**PROBLEM**: How do the lines below between the ones holding "unfoldable pub add_resource" and "unfoldable pub take_resolution", inclusive, read? Give them again exactly, with no other lines.

**DATA IN THIS EXERCISE**:
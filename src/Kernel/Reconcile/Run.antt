-- ===== src/Kernel/Reconcile/Run.antt =====
-- `Reconcile` and `applyMatched` of internal/kernel/reconcile/reconcile.go: every entry of a
-- snapshot is resolved against the inventory, and what was not observed gathers removal evidence.
pub mod Tally
pub mod Removals
pub mod Spared
use index_core.Base.{
  Str, str_eq, contains, ℕ, ◌+◌, ℤ, pos, ltb_ℤ, Bool, true, false, ◌&&◌, ◌||◌, not, Option, none,
  some, is_some, List, [], ◌∷◌, ◌++◌, path_dir, if◌then◌else◌, String,
}
use index_core.Domain.Enums.{AcceptanceState, is_present, is_complete, is_failed}
use index_core.Domain.Entities.{SnapshotEntry}
use index_core.Kernel.Reconcile.Types.{
  Config, PriorResource, deref_str, has_missing_evidence, canonical_path_of, Kind, add, update,
  rename, move, unchanged, reset_removal_evidence, missing_evidence, removal_candidate,
  confirm_removed, conflict, generation_producing, Transition, transition, Observation, Counts,
  Conflict, Result, empty_result,
}
use index_core.Kernel.Reconcile.Paths.{entry_path, equal_int64, equal_time}
use index_core.Kernel.Reconcile.Index.{PriorIndex, build_prior_index, index_observation}
use index_core.Kernel.Reconcile.Resolve.{
  IdentityResolution, matched, new_resource, unresolved, resolve,
}
use index_core.Kernel.Reconcile.Resolve
use index_core.Kernel.Reconcile.Missing.{missing_transition}

-- `res.Transitions = append(res.Transitions, t)`.
abbrev pub emit : Transition → Result → Result
emit t res = record res { transitions = res.transitions ++ t ∷ [] }

abbrev pub observe : Str → SnapshotEntry → Result → Result
observe id e res = record res {
  observations = res.observations ++ record { resource_id = id; entry = e } ∷ [];
}

unfoldable pub path_changed : PriorResource → SnapshotEntry → Bool
path_changed p e =
    not (str_eq (canonical_path_of p) []) && not (str_eq (canonical_path_of p) (entry_path e))

unfoldable pub parent_changed : PriorResource → SnapshotEntry → Bool
parent_changed p e = not (str_eq (path_dir (canonical_path_of p)) (path_dir (entry_path e)))

unfoldable pub attrs_changed : PriorResource → SnapshotEntry → Bool
attrs_changed p e =
    not (equal_int64 p.size e.size)
    || not (equal_time p.mtime e.mtime)
    || not (str_eq (deref_str p.content_hash) (deref_str e.content_hash))
    || not (str_eq (deref_str p.content_type) (deref_str e.content_type))

unfoldable pub has_any_evidence : PriorResource → Bool
has_any_evidence p =
    has_missing_evidence p
    || is_some p.missing_since
    || ltb_ℤ (pos 0) p.consecutive_complete_missing

abbrev pub reset_transition : PriorResource → Transition
reset_transition p = record (transition reset_removal_evidence p.resource_id) {
  prior = some p;
  reason = "observed again; reset removal evidence";
}

abbrev pub path_transition : Kind → PriorResource → SnapshotEntry → Transition
path_transition k p e = record (transition k p.resource_id) {
  prior = some p;
  entry = some e;
  new_path = some (entry_path e);
  reason = "path change";
}

abbrev pub update_transition : PriorResource → SnapshotEntry → Transition
update_transition p e = record (transition update p.resource_id) {
  prior = some p;
  entry = some e;
  reason = "attribute change";
}

abbrev pub unchanged_transition : PriorResource → SnapshotEntry → Transition
unchanged_transition p e = record (transition unchanged p.resource_id) {
  prior = some p;
  entry = some e;
}

abbrev pub add_transition : Str → SnapshotEntry → String → Transition
add_transition id e reason = record (transition add id) { entry = some e; reason = reason }

abbrev pub conflict_transition : SnapshotEntry → String → Transition
conflict_transition e reason = record (transition conflict []) { entry = some e; reason = reason }

-- The reset that comes first when a resource is seen again.
unfoldable pub reset_evidence : PriorResource → Result → Result
reset_evidence p res = if has_any_evidence p then emit (reset_transition p) res else res

unfoldable pub change_path : PriorResource → SnapshotEntry → Result → Result
change_path p e res =
    if parent_changed p e
    then record (emit (path_transition move p e) res) {
      counts = record (res.counts) { moved = res.counts.moved + 1 };
    }
    else record (emit (path_transition rename p e) res) {
      counts = record (res.counts) { renamed = res.counts.renamed + 1 };
    }

unfoldable pub change_attributes : PriorResource → SnapshotEntry → Result → Result
change_attributes p e res = record (emit (update_transition p e) res) {
  counts = record (res.counts) { updated = res.counts.updated + 1 };
}

unfoldable pub leave_unchanged : PriorResource → SnapshotEntry → Result → Result
leave_unchanged p e res = record (emit (unchanged_transition p e) res) {
  counts = record (res.counts) { unchanged = res.counts.unchanged + 1 };
}

abbrev pub mark_mutated : Result → Result
mark_mutated res = record res { mutates_canonical = true }

-- The two halves of a change, path first.
unfoldable pub change : PriorResource → SnapshotEntry → Result → Result
change p e res =
    let moved = if path_changed p e then change_path p e (mark_mutated res) else mark_mutated res in
    if attrs_changed p e then change_attributes p e moved else moved

unfoldable pub apply_matched : PriorResource → SnapshotEntry → Result → Result
apply_matched p e res =
    let seen = reset_evidence p res in
    if not (path_changed p e) && not (attrs_changed p e)
    then leave_unchanged p e seen
    else change p e seen

-- The loop's variables: the result, the ids observed so far, and the ids handed out.
pub record RunState : Type 0 where
  pub result : Result
  pub observed : List Str
  pub ids : ℕ

abbrev start : RunState
start = record { result = empty_result; observed = []; ids = 0 }

unfoldable pub add_resource : Str → SnapshotEntry → String → Result → Result
add_resource id e reason res = observe id e (record (emit (add_transition id e reason) res) {
  counts = record (res.counts) { added = res.counts.added + 1 };
  mutates_canonical = true;
})

unfoldable pub add_conflict : SnapshotEntry → String → Result → Result
add_conflict e reason res = record (emit (conflict_transition e reason) res) {
  counts = record (res.counts) { conflict = res.counts.conflict + 1 };
  conflicts =
      res.conflicts
      ++ record { entry_local_id = e.entry_local_id; resource_id = []; reason = reason } ∷ [];
}

-- What an entry's resolution does; CONFLICT and UNRESOLVED are one case.
unfoldable pub take_resolution : Config → SnapshotEntry → RunState → IdentityResolution → RunState
take_resolution cfg e s (matched p reason) = record s {
  result = observe p.resource_id e (apply_matched p e s.result);
  observed = p.resource_id ∷ s.observed;
}
take_resolution cfg e s (new_resource reason) = record s {
  result = add_resource (cfg.new_id s.ids) e reason s.result;
  ids = s.ids + 1;
}
take_resolution cfg e s (unresolved reason) = record s { result = add_conflict e reason s.result }
take_resolution cfg e s (Resolve.conflict reason) = record s {
  result = add_conflict e reason s.result;
}

unfoldable pub take_entries : PriorIndex → Config → ℕ → RunState → List SnapshotEntry → RunState
take_entries ix cfg now s [] = s
take_entries ix cfg now s (e ∷ es) =
    take_entries ix cfg now (take_resolution cfg e s (resolve ix e cfg now)) es

-- R9 at one resource that the snapshot did not hold.
unfoldable pub miss : Config → ℕ → Str → PriorResource → Result → Result
miss cfg now snapshot_id p res =
    let t = missing_transition p cfg now snapshot_id in
    emit t (record res {
      mutates_canonical = res.mutates_canonical || generation_producing t.kind;
      counts = elim t.kind [
        | confirm_removed ↦ record (res.counts) { removed = res.counts.removed + 1 }
        | _ ↦ record (res.counts) { missing_evidence = res.counts.missing_evidence + 1 }
      ];
    })

unfoldable pub take_missing : Config → ℕ → Str → List Str → List PriorResource → Result → Result
take_missing cfg now snapshot_id observed [] res = res
take_missing cfg now snapshot_id observed (p ∷ ps) res =
    take_missing cfg now snapshot_id observed ps (
      if not (is_present p.resource_presence) || contains observed p.resource_id
      then res
      else miss cfg now snapshot_id p res)

-- The run over the entries.
unfoldable pub observe_entries : List PriorResource → List SnapshotEntry → Config → ℕ → RunState
observe_entries prior entries cfg now =
    take_entries (index_observation (build_prior_index prior) entries) cfg now start entries

unfoldable pub reconcile :
    List PriorResource → List SnapshotEntry → AcceptanceState → Config → ℕ → Str → Result
reconcile prior entries acceptance cfg now snapshot_id =
    if is_failed acceptance
    then empty_result
    else let s = observe_entries prior entries cfg now in
      if is_complete acceptance
      then take_missing cfg now snapshot_id s.observed prior s.result
      else s.result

**ANSWER SECTION**:
unfoldable pub add_resource : Str → SnapshotEntry → String → Result → Result
add_resource id e reason res = observe id e (record (emit (add_transition id e reason) res) {
  counts = record (res.counts) { added = res.counts.added + 1 };
  mutates_canonical = true;
})

unfoldable pub add_conflict : SnapshotEntry → String → Result → Result
add_conflict e reason res = record (emit (conflict_transition e reason) res) {
  counts = record (res.counts) { conflict = res.counts.conflict + 1 };
  conflicts =
      res.conflicts
      ++ record { entry_local_id = e.entry_local_id; resource_id = []; reason = reason } ∷ [];
}

-- What an entry's resolution does; CONFLICT and UNRESOLVED are one case.
unfoldable pub take_resolution : Config → SnapshotEntry → RunState → IdentityResolution → RunState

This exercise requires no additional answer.